Your instructions: Please check every line of the listing for "Bool" and copy each line where it is found.

Information supplied:
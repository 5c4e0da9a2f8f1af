-- ===== src/Stats/Sums.antt =====
-- python/sim/stats.py: the sums of a table against those of a log.
use Prim.Native.String.{String}
use tt_lang.Prelude.{
  ℕ, ◌+◌, ◌≡◌, refl, ap, ◌∙◌, List, ◌∷◌, Bool, true, false, if◌then◌else◌, ◌==◌, arith,
}
use tt_lang.Stats.{
  Table, Counters, DfbCounters, change, no_counters, no_dfb_counters, add_read, add_write,
  add_reserve, add_wait,
}
use tt_lang.Stats.Counts.{is_empty, sum_of, is_empty-change, sum_of-change}
use tt_lang.Stats.History.{Record, calls_of, tiles_of, tiles}

-- The four numbers of an entry, by what they count: the calls of two kinds and their tiles.
pub record View (V : Type 0) : Type 0 where
  pub default : V
  pub ins : V → ℕ
  pub outs : V → ℕ
  pub tiles_in : V → ℕ
  pub tiles_out : V → ℕ

abbrev pub counters_view : View Counters
counters_view = record {
  default = no_counters;
  ins = λ c. c.reads;
  outs = λ c. c.writes;
  tiles_in = λ c. c.tiles_read;
  tiles_out = λ c. c.tiles_written;
}

abbrev pub dfb_view : View DfbCounters
dfb_view = record {
  default = no_dfb_counters;
  ins = λ c. c.reserves;
  outs = λ c. c.waits;
  tiles_in = λ c. c.tiles_reserved;
  tiles_out = λ c. c.tiles_waited;
}

-- The sums of a table's columns are those of a log, whose records of two kinds it counts.
pub record Sums {V : Type 0} (view : View V) (p q : Record → Bool) (t : Table V) (log : List Record)
    : Type 0 where
  pub empty : is_empty t ≡ (calls_of p log + calls_of q log == 0)
  pub ins : sum_of view.ins t ≡ calls_of p log
  pub outs : sum_of view.outs t ≡ calls_of q log
  pub tiles_in : sum_of view.tiles_in t ≡ tiles_of p log
  pub tiles_out : sum_of view.tiles_out t ≡ tiles_of q log

-- An update of an entry that counts a record.
pub record Counts {V : Type 0} (view : View V) (p q : Record → Bool) (x : Record) (g : V → V)
    : Type 0 where
  pub either : (if p x then 1 else 0) + (if q x then 1 else 0) ≡ 1
  pub ins : (v : V) → view.ins (g v) ≡ view.ins v + (if p x then 1 else 0)
  pub outs : (v : V) → view.outs (g v) ≡ view.outs v + (if q x then 1 else 0)
  pub tiles_in : (v : V) → view.tiles_in (g v) ≡ view.tiles_in v + (if p x then tiles x else 0)
  pub tiles_out : (v : V) → view.tiles_out (g v) ≡ view.tiles_out v + (if q x then tiles x else 0)

-- The entry of a name that is not there counts nothing.
abbrev pub IsZero : {V : Type 0} → View V → Type 0
IsZero view =
    (view.ins view.default ≡ 0)
    × (view.outs view.default ≡ 0)
    × (view.tiles_in view.default ≡ 0)
    × (view.tiles_out view.default ≡ 0)

module _ {V : Type 0} (view : View V) (p q : Record → Bool) (x : Record) (log : List Record) where
  pub Sums-change :
      (k : String) (g : V → V) (t : Table V)
      → IsZero view
      → Counts view p q x g
      → Sums view p q t log
      → Sums view p q (change view.default k g t) (x ∷ log)
  Sums-change k g t z c h = record {
    empty = rw (is_empty-change view.default k g t) (ground (arith, c.either));
    ins = rw (sum_of-change view.default k g view.ins _ c.ins z.0 t) (omega (arith, h.ins));
    outs = rw (sum_of-change view.default k g view.outs _ c.outs z.1 t) (omega (arith, h.outs));
    tiles_in =
        rw (sum_of-change view.default k g view.tiles_in _ c.tiles_in z.2 t)
          (omega (arith, h.tiles_in));
    tiles_out =
        rw (sum_of-change view.default k g view.tiles_out _ c.tiles_out z.3 t)
          (omega (arith, h.tiles_out));
  }

  pub Sums-other :
      (t : Table V) → p x ≡ false → q x ≡ false → Sums view p q t log → Sums view p q t (x ∷ log)
  Sums-other t e f h = record {
    empty = rw (e, f) (h.empty ∙ ap (λ (n : ℕ). n == 0) (omega arith));
    ins = rw e (omega (arith, h.ins));
    outs = rw f (omega (arith, h.outs));
    tiles_in = rw e (omega (arith, h.tiles_in));
    tiles_out = rw f (omega (arith, h.tiles_out));
  }

module _ (p q : Record → Bool) (x : Record) where
  pub Counts-add_read : p x ≡ true → q x ≡ false → Counts counters_view p q x (add_read (tiles x))
  Counts-add_read e f = record {
    either = rw (e, f) refl;
    ins = λ v. rw e refl;
    outs = λ v. rw f (omega arith);
    tiles_in = λ v. rw e refl;
    tiles_out = λ v. rw f (omega arith);
  }

  pub Counts-add_write : p x ≡ false → q x ≡ true → Counts counters_view p q x (add_write (tiles x))
  Counts-add_write e f = record {
    either = rw (e, f) refl;
    ins = λ v. rw e (omega arith);
    outs = λ v. rw f refl;
    tiles_in = λ v. rw e (omega arith);
    tiles_out = λ v. rw f refl;
  }

  pub Counts-add_reserve : p x ≡ true → q x ≡ false → Counts dfb_view p q x (add_reserve (tiles x))
  Counts-add_reserve e f = record {
    either = rw (e, f) refl;
    ins = λ v. rw e refl;
    outs = λ v. rw f (omega arith);
    tiles_in = λ v. rw e refl;
    tiles_out = λ v. rw f (omega arith);
  }

  pub Counts-add_wait : p x ≡ false → q x ≡ true → Counts dfb_view p q x (add_wait (tiles x))
  Counts-add_wait e f = record {
    either = rw (e, f) refl;
    ins = λ v. rw e (omega arith);
    outs = λ v. rw f refl;
    tiles_in = λ v. rw e (omega arith);
    tiles_out = λ v. rw f refl;
  }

Answer:
  ℕ, ◌+◌, ◌≡◌, refl, ap, ◌∙◌, List, ◌∷◌, Bool, true, false, if◌then◌else◌, ◌==◌, arith,
pub record Sums {V : Type 0} (view : View V) (p q : Record → Bool) (t : Table V) (log : List Record)
pub record Counts {V : Type 0} (view : View V) (p q : Record → Bool) (x : Record) (g : V → V)
module _ {V : Type 0} (view : View V) (p q : Record → Bool) (x : Record) (log : List Record) where
module _ (p q : Record → Bool) (x : Record) where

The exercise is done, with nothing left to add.